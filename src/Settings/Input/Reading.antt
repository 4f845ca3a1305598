-- ===== src/Settings/Input/Reading.antt =====
-- What readStandardInput reads, and that it ends.
use nagi_shell.Prelude.{
  ℕ, zero, suc, ◌-◌, min, ◌≤◌, ◌<◌, ◌≡◌, refl, subst, ap, ◌∙◌, Bool, true, false, Option, none,
  some, List, [], ◌∷◌, ◌++◌, ◌==◌, ltb, if◌then◌else◌, length, length-append, take, All, arith,
  if_ind,
}
use nagi_shell.Settings.Disk.{Bytes, drop}
use nagi_shell.Settings.Operations.{maximum_settings_bytes}
use nagi_shell.Settings.Input.{put_before, read_loop, read_standard_input}

length-take-min : (n : ℕ) (xs : Bytes) → length (take n xs) ≡ min n (length xs)
length-take-min zero xs = omega arith
length-take-min (suc n) [] = omega arith
length-take-min (suc n) (x ∷ xs) = omega (arith, length-take-min n xs)

length-drop : (k : ℕ) (xs : Bytes) → length (drop k xs) ≡ length xs - k
length-drop zero xs = omega arith
length-drop (suc k) [] = omega arith
length-drop (suc k) (x ∷ xs) = omega (arith, length-drop k xs)

take-drop-take :
    (k n : ℕ) (xs : Bytes)
    → k ≤ n
    → take k xs ++ take (n - length (take k xs)) (drop (length (take k xs)) xs) ≡ take n xs
take-drop-take zero n xs h = ap (λ m. take m xs) (omega arith)
take-drop-take (suc k) zero xs h = elim (clash h) [ ]
  where
    clash : suc k ≤ zero → ⊥
    clash h = omega (arith, h)
take-drop-take (suc k) (suc n) [] h = ap (λ m. take m []) {x = suc n - 0} {y = suc n} (omega arith)
take-drop-take (suc k) (suc n) (x ∷ xs) h =
    ap (λ l. x ∷ l)
      (ap (λ m. take k xs ++ take m (drop (length (take k xs)) xs)) (omega arith)
        ∙ take-drop-take k n xs (omega (arith, h)))

-- The result of a loop: the first bytes of the input, as many as were asked for.
abbrev pub Reads : ℕ → Bytes → Bytes → Type 0
Reads n input content = (content ≡ take n input) × (length content ≡ n)

one_round :
    (m n : ℕ) (input l : Bytes)
    → m ≤ n
    → Reads (n - length (take m input)) (drop (length (take m input)) input) l
    → Reads n input (take m input ++ l)
one_round m n input l h later = (
  ap (λ t. take m input ++ t) later.0 ∙ take-drop-take m n input h,
  omega (arith, h, later.1, length-append (take m input) l, length-take-min m input),
)

read_loop-Reads :
    (results : List ℕ) (n : ℕ) (input content : Bytes)
    → read_loop results n input ≡ some content
    → Reads n input content
unfolding read_loop
read_loop-Reads results zero input content e = empty content e
  where
    empty : (c : Bytes) → some [] ≡ some c → Reads zero input c
    empty [] e = (refl, refl)
    empty (x ∷ c) e = ground (arith, e)
read_loop-Reads [] (suc n) input content e = ground (arith, e)
read_loop-Reads (k ∷ results) (suc n) input content e =
    let got = take (min k (suc n)) input in
    round (length got == 0) (read_loop results (suc n - length got) (drop (length got) input)) e
      λ l h. read_loop-Reads results (suc n - length got) (drop (length got) input) l h
  where
    clash : none ≡ some content → ⊥
    clash h = ground (arith, h)

    same : (l : Bytes) → some l ≡ some content → l ≡ content
    same l h = cc

    round :
        (b : Bool) (o : Option Bytes)
        → (if b then none else put_before (take (min k (suc n)) input) o) ≡ some content
        → ((l : Bytes)
            → o ≡ some l
            → Reads
                (suc n - length (take (min k (suc n)) input))
                (drop (length (take (min k (suc n)) input)) input)
                l)
        → Reads (suc n) input content
    round true o h later = elim (clash h) [ ]
    round false none h later = elim (clash h) [ ]
    round false (some l) h later =
        subst (Reads (suc n) input) (same (take (min k (suc n)) input ++ l) h)
          (one_round (min k (suc n)) (suc n) input l (omega arith) (later l refl))

read_loop-All :
    (results : List ℕ) (n : ℕ) (input : Bytes)
    → All (λ k. 0 < k) results
    → n ≤ length results
    → n ≤ length input
    → read_loop results n input ≡ some (take n input)
unfolding read_loop
read_loop-All results zero input works enough long = refl
read_loop-All [] (suc n) input works enough long = elim (clash enough) [ ]
  where
    clash : suc n ≤ 0 → ⊥
    clash h = omega (arith, h)
read_loop-All (k ∷ results) (suc n) input works enough long =
    let got = take (min k (suc n)) input in
    let size : length got ≡ min (min k (suc n)) (length input) =
      length-take-min (min k (suc n)) input in
    let positive : 0 < k = works.0 in
    let some_read : 0 < length got = omega (arith, size, positive, long) in
    if_ind (λ t. t ≡ some (take (suc n) input)) (length got == 0)
      (λ e. elim (clash (length got) some_read e) [ ])
      λ _.
        ap (put_before got) (
          read_loop-All results (suc n - length got) (drop (length got) input) works.1
            (omega (arith, enough, some_read))
            (omega (arith, long, length-drop (length got) input)))
        ∙ ap some (take-drop-take (min k (suc n)) (suc n) input (omega arith))
  where
    clash : (m : ℕ) → 0 < m → (m == 0) ≡ true → ⊥
    clash m h e = ground (arith, h, e)

-- What readStandardInput returns is the first bytes of the input, as many as were asked for, which are at
-- most 32768.
pub read_standard_input-Reads :
    (results : List ℕ) (byte_count : ℕ) (input content : Bytes)
    → read_standard_input results byte_count input ≡ some content
    → Reads byte_count input content × (byte_count ≤ 32768)
unfolding read_standard_input
read_standard_input-Reads results byte_count input content e =
    accepted (ltb maximum_settings_bytes byte_count) refl e
  where
    clash : none ≡ some content → ⊥
    clash h = ground (arith, h)

    within : (m : ℕ) → ltb maximum_settings_bytes m ≡ false → m ≤ 32768
    within m h = ground (arith, h)

    accepted :
        (b : Bool)
        → ltb maximum_settings_bytes byte_count ≡ b
        → (if b then none else read_loop results byte_count input) ≡ some content
        → Reads byte_count input content × (byte_count ≤ 32768)
    accepted true q h = elim (clash h) [ ]
    accepted false q h = (read_loop-Reads results byte_count input content h, within byte_count q)

-- Where every read moves a byte at least and the input holds as many bytes as are asked for, at most
-- 32768, the loop ends with a result after as many reads as there are bytes, or sooner.
pub read_standard_input-All :
    (results : List ℕ) (byte_count : ℕ) (input : Bytes)
    → All (λ k. 0 < k) results
    → byte_count ≤ length results
    → byte_count ≤ length input
    → byte_count ≤ 32768
    → read_standard_input results byte_count input ≡ some (take byte_count input)
unfolding read_standard_input
read_standard_input-All results byte_count input works enough long small =
    if_ind (λ t. t ≡ some (take byte_count input)) (ltb maximum_settings_bytes byte_count)
      (λ e. elim (clash byte_count small e) [ ])
      λ _. read_loop-All results byte_count input works enough long
  where
    clash : (m : ℕ) → m ≤ 32768 → ltb maximum_settings_bytes m ≡ true → ⊥
    clash m h e = ground (arith, h, e)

+-------+

WHAT IS BEING ASKED = Reproduce word for word the material above, beginning with the line that contains "n input ≡ some content" and ending with the line that contains "read_loop-Reads [] (suc".

ANSWER TO THE EXERCISE =
    → read_loop results n input ≡ some content
    → Reads n input content
unfolding read_loop
read_loop-Reads results zero input content e = empty content e
  where
    empty : (c : Bytes) → some [] ≡ some c → Reads zero input c
    empty [] e = (refl, refl)
    empty (x ∷ c) e = ground (arith, e)
read_loop-Reads [] (suc n) input content e = ground (arith, e)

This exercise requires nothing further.